In the material below, the lines from the one containing "abbrev Pending : ℕ → (ℕ → Pc) → Type 0" through the one containing "pending : (n" are to be given again exactly, ends included, and no others.

━━━━━ Data for processing

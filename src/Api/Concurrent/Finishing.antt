-- ===== src/Api/Concurrent/Finishing.antt =====
-- The requests that run at the same time all end.
use perplexity_proxy_go.Prelude.{
  ℕ, zero, suc, ◌+◌, ◌*◌, ◌≤◌, ◌<◌, true, false, ◌≡◌, refl, String, eqb, ◌⊎◌, Bool-cases, inl, inr,
  arith, if◌then◌else◌,
}
use perplexity_proxy_go.Errors.{Result, ok, err}
use perplexity_proxy_go.Json.{Value}
use perplexity_proxy_go.Spec.Decode.{Spec}
use perplexity_proxy_go.Pplx.Sse.{State}
use perplexity_proxy_go.Pplx.Conversation.{Answer}
use perplexity_proxy_go.Api.Request.{
  MessagesRequest, HttpRequest, Checked, passed, refused, read_request,
}
use perplexity_proxy_go.Api.Server.{Live}
use perplexity_proxy_go.Api.Concurrent.{
  Store, Pc, arrived, making, made, asking, sending, streaming, finishing, bridging, running,
  decoding, replied, Job, Setup, is_done, move, move_checked, move_made, move_sent, after_ask,
  begin,
}
use perplexity_proxy_go.Api.Concurrent.Runs.{System, pick, Run, stay, later, steps, advance, init}

-- at most so many steps are left
abbrev rank : Pc → ℕ
rank arrived = 10
rank (making _ _) = 9
rank (made _ _ _ _) = 8
rank (asking _) = 7
rank (sending _ _) = 6
rank (streaming _ _) = 5
rank (finishing _ _ _) = 4
rank (bridging _) = 3
rank (running _ _) = 2
rank (decoding _ _ _) = 1
rank (replied _) = 0

total : ℕ → (ℕ → Pc) → ℕ
total zero pc = 0
total (suc n) pc = total n pc + rank (pc n)

total-update_of_le :
    (n : ℕ) (pc : ℕ → Pc) (i : ℕ) (p : Pc)
    → n ≤ i
    → total n (λ j. if eqb i j then p else pc j) ≡ total n pc
unfolding total
total-update_of_le zero pc i p h = refl
total-update_of_le (suc n) pc i p h = ground (arith, total-update_of_le n pc i p)

total-update :
    (n : ℕ) (pc : ℕ → Pc) (i : ℕ) (p : Pc)
    → i < n
    → total n (λ j. if eqb i j then p else pc j) + rank (pc i) ≡ total n pc + rank p
unfolding total
total-update zero pc i p h = absurd (omega arith)
total-update (suc n) pc i p h = elim (Bool-cases (eqb i n)) [
  | inl last ↦ ground (arith, total-update_of_le n pc i p)
  | inr below ↦ ground (arith, total-update n pc i p)
]

total-le : (n : ℕ) (pc : ℕ → Pc) → total n pc ≤ 10 * n
unfolding total
total-le zero pc = omega arith
total-le (suc n) pc = omega (arith, total-le n pc, rank-le (pc n))
  where
    rank-le : (p : Pc) → rank p ≤ 10
    rank-le p = ground arith

rank_pos : (p : Pc) → is_done p ≡ false → 1 ≤ rank p
rank_pos p h = ground arith

total_pos : (n : ℕ) (pc : ℕ → Pc) (i : ℕ) → i < n → is_done (pc i) ≡ false → 1 ≤ total n pc
unfolding total
total_pos zero pc i lt h = absurd (omega arith)
total_pos (suc n) pc i lt h = elim (Bool-cases (eqb i n)) [
  | inl last ↦ ground (arith, rank_pos (pc i) h)
  | inr below ↦ ground (arith, total_pos n pc i)
]

-- a request that is not done, where there is one
abbrev Pending : ℕ → (ℕ → Pc) → Type 0
Pending n pc = (i : ℕ) × (i < n) × (is_done (pc i) ≡ false)

abbrev AllDone : ℕ → (ℕ → Pc) → Type 0
AllDone n pc = (i : ℕ) → i < n → is_done (pc i) ≡ true

pending : (n : ℕ) (pc : ℕ → Pc) → AllDone n pc ⊎ Pending n pc
pending zero pc = inl (λ i lt. absurd (omega arith))
pending (suc n) pc = elim (Bool-cases (is_done (pc n))) [
  | inr open_one ↦ inr (n, omega arith, open_one)
  | inl last ↦ elim (pending n pc) [
    | inl before ↦ inl (λ i lt. elim (Bool-cases (eqb i n)) [
      | inl e ↦ ground arith
      | inr e ↦ before i (ground arith)
    ])
    | inr (i, lt, h) ↦ inr (i, omega arith, h)
  ]
]

module _ {W : Type 0} (v : Setup W) where
  rank-checked : (c : Checked (MessagesRequest × String)) → rank (move_checked v c) ≤ 9
  rank-checked (refused status type msg) = omega arith
  rank-checked (passed (req, query)) = omega arith

  rank-made :
      (req : MessagesRequest) (query : String) (m : Result (ℕ × Spec) × W) (s : Store W)
      → rank (move_made v req query m s).0 ≤ 8
  rank-made req query (err e, w) s = omega arith
  rank-made req query (ok (t, sp), w) s = omega arith

  rank-begin : (job : Job) → rank (begin v job) ≤ 7
  rank-begin job = ground arith

  rank-after_ask : (job : Job) (st : State) (r : Result Answer) → rank (after_ask v job st r) ≤ 3
  rank-after_ask job st (ok a) = ground arith
  rank-after_ask job st (err e) = ground arith

  rank-sent :
      (job : Job) (payload : Value) (r : Result (Unit {0}) × W) (s : Store W)
      → rank (move_sent v job payload r s).0 ≤ 5
  rank-sent job payload (err e, w) s = omega (arith, rank-after_ask job _ (err _))
  rank-sent job payload (ok _, w) s = omega arith

  rank-move :
      (r : HttpRequest) (p : Pc) (s : Store W) → is_done p ≡ false → rank (move v r p s).0 < rank p
  unfolding move
  rank-move r arrived s h = omega (arith, rank-checked (read_request v.host v.api_key r))
  rank-move r (making req query) s h = omega (arith, rank-made req query (v.factory s.world) s)
  rank-move r (made req query t sp) s h = omega (arith, rank-begin _)
  rank-move r (asking job) s h = omega arith
  rank-move r (sending job payload) s h = omega (arith, rank-sent job payload _ s)
  rank-move r (streaming job payload) s h = omega arith
  rank-move r (finishing job st e) s h = omega (arith, rank-after_ask job st _)
  rank-move r (bridging job) s h = omega arith
  rank-move r (running job input) s h = omega arith
  rank-move r (decoding job out e) s h = omega arith
  rank-move r (replied reply) s h = absurd (cc)

  module _ (requests : ℕ → HttpRequest) (n : ℕ) where
    total-advance :
        (i : ℕ) (s : System W)
        → i < n
        → is_done (s.pc i) ≡ false
        → total n (advance v requests i s).pc < total n s.pc
    unfolding advance
    total-advance i s lt h = omega (
      arith,
      total-update n s.pc i (move v (requests i) (s.pc i) s.store).0,
      rank-move (requests i) (s.pc i) s.store h,
    )

    steps-le :
        {s t : System W} (r : Run v requests n s t)
        → steps v requests r + total n t.pc ≤ total n s.pc
    steps-le stay = omega arith
    steps-le (later {t} r (pick i lt h)) = omega (arith, steps-le r, total-advance i t lt h)

    -- a run that goes on until every request has its reply
    abbrev Completed : System W → Type 0
    Completed s = (u : System W) × Run v requests n s u × AllDone n u.pc

    finish : (fuel : ℕ) (s t : System W) → Run v requests n s t → total n t.pc ≤ fuel → Completed s
    finish zero s t r enough = elim (pending n t.pc) [
      | inl over ↦ (t, r, over)
      | inr (i, lt, h) ↦ absurd (omega (arith, total_pos n t.pc i lt h))
    ]
    finish (suc fuel) s t r enough = elim (pending n t.pc) [
      | inl over ↦ (t, r, over)
      | inr (i, lt, h) ↦
          finish fuel s (advance v requests i t) (later r (pick i lt h))
            (omega (arith, total-advance i t lt h))
    ]

    -- However `n` requests are interleaved, a run has at most ten times as many steps as requests, and
    -- whatever has been done so far, the requests can go on until each has its reply.
    pub Run-bounds :
        (objects : ℕ → Live) (w : W) (s : System W) (r : Run v requests n (init objects w) s)
        → (steps v requests r ≤ 10 * n)
          × ((u : System W) × Run v requests n s u × ((i : ℕ) → i < n → is_done (u.pc i) ≡ true))
    Run-bounds objects w s r = (
      omega (arith, steps-le r, total-le n (λ _. arrived)),
      finish (total n s.pc) s s stay (omega arith),
    )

━━━━━━━━━━

• _Solution to this problem_:
abbrev Pending : ℕ → (ℕ → Pc) → Type 0
Pending n pc = (i : ℕ) × (i < n) × (is_done (pc i) ≡ false)

abbrev AllDone : ℕ → (ℕ → Pc) → Type 0
AllDone n pc = (i : ℕ) → i < n → is_done (pc i) ≡ true

pending : (n : ℕ) (pc : ℕ → Pc) → AllDone n pc ⊎ Pending n pc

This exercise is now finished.